Berlino all'inizio degli anni Trenta è la città più libera del mondo. Offre emozioni, piaceri, frenesie erotiche. In quell'ambiente creativo e trasgressivo,  Annemarie è convinta di trovare se stessa. Si tuffa nella vita notturna e non va mai a dormire prima dell'alba. E attirata dai locali e dai cabaret degli omosessuali e dei travestiti come l'Eldorado e il Topkeller, dove si dà appuntamento una variegata fauna umana che ha infranto la morale borghese. Cerca di vincere la sua insicurezza, bevendo e sperimentando nuove relazioni amorose. Ma quegli eccessi, e la sua incapacità a vivere con leggerezza la rendono infelice. Uno stato d'animo che si ritrova nella "Novella lirica".  La vocazione di Annemarie Schwarzenbach è quella di scrivere ma anche di viaggiare. Sono tre i viaggi che compie in Persia dal 1933 al 1935. Durante il suo primo soggiorno, conosce il diplomatico francese Claude Clarac, un giovane di tendenze omosessuali, che le chiede di sposarlo. Ritornata in Svizzera, dopo un tentativo di suicidio, Annemarie riparte per diventare la moglie di Claude. Ma il matrimonio non funziona. Sofferente nell'animo e nel Corpo, il panorama che contempla è desolato e irreale. La "malattia persiana" è raccontata in "Morte in Persia" e in "La valle felice", una riscrittura in chiave lirica e visionaria del primo libro. Quella di Annemarie è una lotta contro i demoni interiori e l'opacità del mondo. Gli ultimi anni della sua vita li trascorre in una continua fuga. In lei si alternano slanci vitali e cadute nella depressione.

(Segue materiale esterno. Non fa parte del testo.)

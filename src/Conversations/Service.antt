-- ===== src/Conversations/Service.antt =====
-- The operations of `ConversationsService` (src/conversations/conversations.service.ts) that change
-- state or guard those that do, and the route that opens a conversation.
use gp_connect_server.Common.{
  ℕ, Bool, false, Option, none, some, is_set, List, [], ◌∷◌, map, ◌==◌, nat_eq, ltb, not, ◌&&◌,
  ◌||◌, includes, length, if◌then◌else◌,
}
use gp_connect_server.Schema.{
  Conversation, ConversationStatus, Mission, MissionStatus, mission_status_eq, AdvertisementStatus,
  advertisement_status_eq, AdvertisementType, MessageAppointment,
}
use gp_connect_server.Prisma.{Prisma}
use gp_connect_server.Handler.{
  Handler, Exception, Reason, ◌>>=◌, ◌>>◌, pure, gets, or_throw, throw_if, transaction,
  catch_unique, find_unique, find_first, count, create, create_many, update, delete, delete_many,
  conversations, missions, mission_packages, packages, users, advertisements, messages, offers,
  appointments,
}
use gp_connect_server.Missions.{same_package}
use gp_connect_server.Offers.{in_conversation}
use gp_connect_server.Blocks.{is_blocked_between}

abbrev pub active_mission_statuses : List MissionStatus
active_mission_statuses =
    MissionStatus.accepted ∷ MissionStatus.in_transit ∷ MissionStatus.disputed ∷ []

-- `OR: [{ shipperId: userId }, { carrierId: userId }]`
abbrev pub participates : ℕ → Conversation → Bool
participates user_id c = c.shipper_id == user_id || c.carrier_id == user_id

abbrev pub correspondent : ℕ → Conversation → ℕ
correspondent user_id c = if c.shipper_id == user_id then c.carrier_id else c.shipper_id

abbrev pub other_deleted_at : ℕ → Conversation → Option ℕ
other_deleted_at user_id c =
    if c.shipper_id == user_id then c.carrier_deleted_at else c.shipper_deleted_at

-- `sideDeletedAt`
abbrev pub with_side_deleted : (is_shipper : Bool) → ℕ → Conversation → Conversation
with_side_deleted is_shipper now c =
    if is_shipper
    then record c { shipper_deleted_at = some now }
    else record c { carrier_deleted_at = some now }

abbrev pub engages : Option Mission → Bool
engages none = false
engages (some m) = includes active_mission_statuses m.status

abbrev pub appointment_in : (P : Prisma) → P.message.Table → ℕ → MessageAppointment → Bool
appointment_in P t conversation_id a = elim (P.message.find_unique a.id t) [
  | none ↦ false
  | some m ↦ m.conversation_id == conversation_id
]

-- `CreateConversationDto` with the parties that the route derives, and the ids that the rows draw.
pub record CreateConversationDto : Type 0 where
  pub new_id : ℕ
  pub new_mission_id : ℕ
  pub advertisement_id : ℕ
  pub shipper_id : ℕ
  pub carrier_id : ℕ
  pub mission_id : Option ℕ
  pub package_ids : List ℕ

-- The `@@unique([advertisementId, shipperId, carrierId])`.
abbrev pub of_trio : CreateConversationDto → Conversation → Bool
of_trio d c =
    c.advertisement_id == d.advertisement_id
    && (c.shipper_id == d.shipper_id && c.carrier_id == d.carrier_id)

abbrev pub new_conversation : CreateConversationDto → ℕ → Conversation
new_conversation d mission_id = record {
  id = d.new_id;
  advertisement_id = d.advertisement_id;
  shipper_id = d.shipper_id;
  carrier_id = d.carrier_id;
  mission_id = some mission_id;
  status = ConversationStatus.active;
  last_message_at = none;
  shipper_deleted_at = none;
  carrier_deleted_at = none;
}

abbrev pub new_dossier : CreateConversationDto → Mission
new_dossier d = record {
  id = d.new_mission_id;
  advertisement_id = d.advertisement_id;
  shipper_id = d.shipper_id;
  carrier_id = none;
  negotiated_price = 0;
  status = MissionStatus.pending;
  recipient_name = none;
  recipient_phone = none;
}

abbrev pub is_dossier : ℕ → ℕ → Mission → Bool
is_dossier advertisement_id shipper_id m =
    m.advertisement_id == advertisement_id
    && (m.shipper_id == shipper_id
        && (not (is_set m.carrier_id) && m.status == MissionStatus.pending))

module _ {P : Prisma} where
  unfoldable pub is_participant : ℕ → ℕ → Handler P Bool
  is_participant conversation_id user_id = do
    n ← count conversations (λ c. c.id == conversation_id && participates user_id c)
    pure (ltb 0 n)

  unfoldable pub assert_not_blocked : ℕ → ℕ → Handler P (Unit {0})
  assert_not_blocked conversation_id user_id = do
    found ← find_unique conversations conversation_id
    elim found [
      | none ↦ pure tt
      | some c ↦ do
        blocked ← is_blocked_between user_id (correspondent user_id c)
        throw_if blocked (Exception.forbidden Reason.interaction_unavailable)
    ]

  -- `getAdvertisementForConversation`, and the guards on an offer for it.
  unfoldable pub assert_offer_allowed : (now : ℕ) → ℕ → ℕ → Option ℕ → Handler P (Unit {0})
  assert_offer_allowed now conversation_id user_id weight = do
    found ← find_first conversations (λ c. c.id == conversation_id && participates user_id c)
    c ← or_throw (Exception.forbidden Reason.unspecified) found
    about ← find_unique advertisements c.advertisement_id
    ad ← or_throw Exception.record_not_found about
    throw_if (ltb ad.arrival_date now) (Exception.bad_request Reason.advertisement_expired)
    throw_if
        (not (ad.status == AdvertisementStatus.open_)
          && not (ad.status == AdvertisementStatus.in_progress))
        (Exception.bad_request Reason.advertisement_unavailable)
    elim weight [
      | none ↦ pure tt
      | some x ↦ throw_if (ltb ad.max_weight x) (Exception.bad_request Reason.offer_too_heavy)
    ]

  -- `conversation.delete`; the messages go with it (onDelete: Cascade), and with these their offers
  -- and appointments.
  unfoldable pub delete_conversation : ℕ → Handler P (Unit {0})
  delete_conversation id = do
    delete conversations id
    t ← gets (λ w. w.messages)
    delete_many offers (in_conversation P t id)
    delete_many appointments (appointment_in P t id)
    delete_many messages (λ m. m.conversation_id == id)

  -- The mission that `removeForUser` reads with the conversation.
  abbrev pub linked_mission : Conversation → Handler P (Option Mission)
  linked_mission c = elim c.mission_id [
    | none ↦ pure none
    | some mission_id ↦ find_unique missions mission_id
  ]

  abbrev pub remove_side : (now : ℕ) → ℕ → ℕ → Conversation → Option Mission → Handler P (Unit {0})
  remove_side now id user_id c m = elim (other_deleted_at user_id c) [
    | none ↦ do update conversations id (with_side_deleted (c.shipper_id == user_id) now); pure tt
    | some _ ↦
        if engages m
        then (do
          update conversations id (λ x.
              with_side_deleted (c.shipper_id == user_id) now
                (record x { status = ConversationStatus.deleted }))
          pure tt)
        else delete_conversation id
  ]

  unfoldable pub remove_for_user : (now : ℕ) → ℕ → ℕ → Handler P (Unit {0})
  remove_for_user now id user_id = do
    found ← find_first conversations (λ c. c.id == id && participates user_id c)
    c ← or_throw (Exception.forbidden Reason.unspecified) found
    m ← linked_mission c
    remove_side now id user_id c m

  unfoldable pub find_dossier_mission : ℕ → ℕ → Handler P (Option Mission)
  find_dossier_mission advertisement_id shipper_id =
      find_first missions (is_dossier advertisement_id shipper_id)

  unfoldable pub assert_packages_owned_by : List ℕ → ℕ → Handler P (Unit {0})
  assert_packages_owned_by [] shipper_id = pure tt
  assert_packages_owned_by (p ∷ ps) shipper_id = do
    owned ← count packages (λ x. includes (p ∷ ps) x.id && x.owner_id == shipper_id)
    throw_if (not (owned == length (p ∷ ps))) (Exception.forbidden Reason.packages_of_others)

  -- A mission that is given is connected; otherwise one is created, with the packages.
  unfoldable pub build_mission_relation : CreateConversationDto → Option ℕ → Handler P ℕ
  build_mission_relation d (some mission_id) = do
    found ← find_unique missions mission_id
    or_throw Exception.record_not_found found
    pure mission_id
  build_mission_relation d none = do
    create missions (λ m. m.id == d.new_mission_id) (new_dossier d)
    create_many mission_packages same_package
        (map (λ p. record { mission_id = d.new_mission_id; package_id = p }) d.package_ids)
    pure d.new_mission_id

  -- The rows that the new conversation connects to.
  unfoldable pub connect_rows : CreateConversationDto → Handler P (Unit {0})
  connect_rows d = do
    ad ← find_unique advertisements d.advertisement_id
    shipper ← find_unique users d.shipper_id
    carrier ← find_unique users d.carrier_id
    throw_if (not (is_set ad && (is_set shipper && is_set carrier))) Exception.record_not_found

  abbrev pub insert_conversation : CreateConversationDto → ℕ → Handler P Conversation
  insert_conversation d mission_id =
      create conversations (λ c. c.id == d.new_id || of_trio d c) (new_conversation d mission_id)

  -- The nested write of `create`, which Prisma makes in one transaction.
  unfoldable pub store_conversation : CreateConversationDto → Handler P Conversation
  store_conversation d =
      transaction
        (connect_rows d >>= λ _. build_mission_relation d d.mission_id >>= insert_conversation d)

  -- On a conflict the conversation of the trio is returned, if there is one.
  abbrev pub existing : CreateConversationDto → Handler P Conversation
  existing d = do
    found ← find_first conversations (of_trio d)
    or_throw Exception.unique_violation found

  abbrev pub store_or_existing : CreateConversationDto → Handler P Conversation
  store_or_existing d = catch_unique (store_conversation d) (existing d)

  unfoldable pub create_conversation : CreateConversationDto → Handler P Conversation
  create_conversation d = do
    blocked ← is_blocked_between d.shipper_id d.carrier_id
    throw_if blocked (Exception.forbidden Reason.interaction_unavailable)
    assert_packages_owned_by d.package_ids d.shipper_id
    store_or_existing d

  -- `POST /conversations`: `missionId` is never taken from the body.
  abbrev pub shared_mission : AdvertisementType → ℕ → ℕ → Handler P (Option ℕ)
  shared_mission AdvertisementType.delivery advertisement_id author_id = pure none
  shared_mission AdvertisementType.shipping advertisement_id author_id = do
    dossier ← find_dossier_mission advertisement_id author_id
    pure (elim dossier [ none ↦ none | some m ↦ some m.id ])

  unfoldable pub create_conversation_route :
      (new_id new_mission_id : ℕ) → ℕ → ℕ → List ℕ → Handler P Conversation
  create_conversation_route new_id new_mission_id user_id advertisement_id package_ids = do
    found ← find_unique advertisements advertisement_id
    ad ← or_throw (Exception.not_found Reason.unspecified) found
    throw_if (ad.author_id == user_id) (Exception.forbidden Reason.own_advertisement)
    mission_id ← shared_mission ad.type advertisement_id ad.author_id
    create_conversation (record {
      new_id = new_id;
      new_mission_id = new_mission_id;
      advertisement_id = advertisement_id;
      shipper_id = elim ad.type [
        | AdvertisementType.delivery ↦ user_id
        | AdvertisementType.shipping ↦ ad.author_id
      ];
      carrier_id = elim ad.type [
        | AdvertisementType.delivery ↦ ad.author_id
        | AdvertisementType.shipping ↦ user_id
      ];
      mission_id = mission_id;
      package_ids = package_ids;
    })
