-- ===== src/Conversations.antt =====
-- Conversations between a shipper and a carrier about an advertisement:
-- src/conversations/conversations.service.ts and the route that opens one.
mod Service
pub mod Laws
pub mod Opening
unfoldable pub use Service.*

Per disintossicarsi dalla morfina entra ed esce da cliniche e ospedali psichiatrici. Continua a spostarsi con frenesia da un Continente all'altro. Forse per cercare una patria perduta. Con Barbara Hamilton-Wright attraversa più volte gli Stati Uniti. Si reca in Urss per compiere ricerche su Larenz Saladin, uno scalatore morto tragicamente. Sempre in automobile, insieme ad Ella Maillart, intraprende un avventuroso viaggio verso l'Afghanistan. Da sola va in India. Poi parte per l'America con Margot von Opel e il marito Fritz. A New York accade un episodio drammatico. La scrittrice Carson McCullers, la "Monaca deviante" della letteratura americana, conosce Annemarie, se ne innamora follemente e vuole che vada a vivere con lei. Annemarie rifiuta. Ma si trova al centro della gelosia di Margot e della Carson. Nel 1940, durante un raptus, Annemarie in una camera dell'hotel Pierre cerca di strangolare Margot von Opel, dopodiché tenta di uccidersi tagliandosi le vene dei polsi.
La morte arriva due anni dopo in Svizzera. Il l 5 novembre 1942 in seguito alle ferite riportate in un incidente cadendo in bicicletta, Annemarie Schwarzenbach si spegne.